> _DATA SECTION_
────────
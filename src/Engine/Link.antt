-- ===== src/Engine/Link.antt =====
-- src/engine.c, pass 3: the jumps behind the blocks.
use dbrew.Prelude.{ℕ, ◌+◌, ◌%◌, Option, some, List, [], ◌∷◌, if◌then◌else◌, ◌>>=◌, ◌>>◌, assert}
use dbrew.Prelude.{get_elem?}
use dbrew.Instr.Copy.{instr_is_jcc}
use dbrew.Engine.Blocks.{GenCbb, diff32, between, jcc_code}
use dbrew.Engine.Place.{place}
use dbrew.Memory.{Memory, write, write32}

-- The conditional jump at `buf`, and the address behind it.
unfoldable pub write_jcc : List GenCbb → GenCbb → ℕ → Memory → Option (ℕ × Memory)
write_jcc all cbb buf m = do
  b ← cbb.next_branch
  target ← get_elem? all b
  if cbb.gen_jcc8
      then (do
        let diff = diff32 target.addr2 (buf + 2)
        assert (between 128 127 diff)
        c ← jcc_code cbb.end_type
        some (buf + 2, write (write m buf (0x70 + c)) (buf + 1) (diff % 256)))
      else (do
        let diff = diff32 target.addr2 (buf + 6)
        c ← jcc_code cbb.end_type
        some (buf + 6, write32 (write (write m buf 0x0F) (buf + 1) (0x80 + c)) (buf + 2) diff))

-- The jump to the block behind, if that does not follow.
unfoldable pub write_jump : List GenCbb → GenCbb → ℕ → Memory → Option Memory
write_jump all cbb buf m =
    if cbb.gen_jump
    then (do
      f ← cbb.next_fall_through
      target ← get_elem? all f
      some (write32 (write m buf 0xE9) (buf + 1) (diff32 target.addr2 (buf + 5))))
    else some m

unfoldable pub link_block : List GenCbb → GenCbb → Memory → Option Memory
unfolding write_jcc write_jump
link_block all cbb m =
    if instr_is_jcc cbb.end_type
    then (do (buf, m1) ← write_jcc all cbb (cbb.addr2 + cbb.size) m; write_jump all cbb buf m1)
    else some m

-- The loop; `all` is the whole list, which this pass does not change.
unfoldable pub link : List GenCbb → List GenCbb → Memory → Option Memory
link all [] m = some m
link all (cbb ∷ cbbs) m = do m1 ← link_block all cbb m; link all cbbs m1

-- Both passes on the blocks that pass 1 left, from `buf0` on: the blocks, the end of the code and
-- the memory.
unfoldable pub place_and_link : List GenCbb → ℕ → Memory → Option (List GenCbb × ℕ × Memory)
unfolding place link
place_and_link cbbs buf0 m = do
  (placed, end, m1) ← place cbbs cbbs 0 buf0 m
  m2 ← link placed placed m1
  some (placed, end, m2)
────────
> _TASK PROMPT_
Pull out every line of the entries that includes the word "assert".

> _TASK ANSWER_
use dbrew.Prelude.{ℕ, ◌+◌, ◌%◌, Option, some, List, [], ◌∷◌, if◌then◌else◌, ◌>>=◌, ◌>>◌, assert}
        assert (between 128 127 diff)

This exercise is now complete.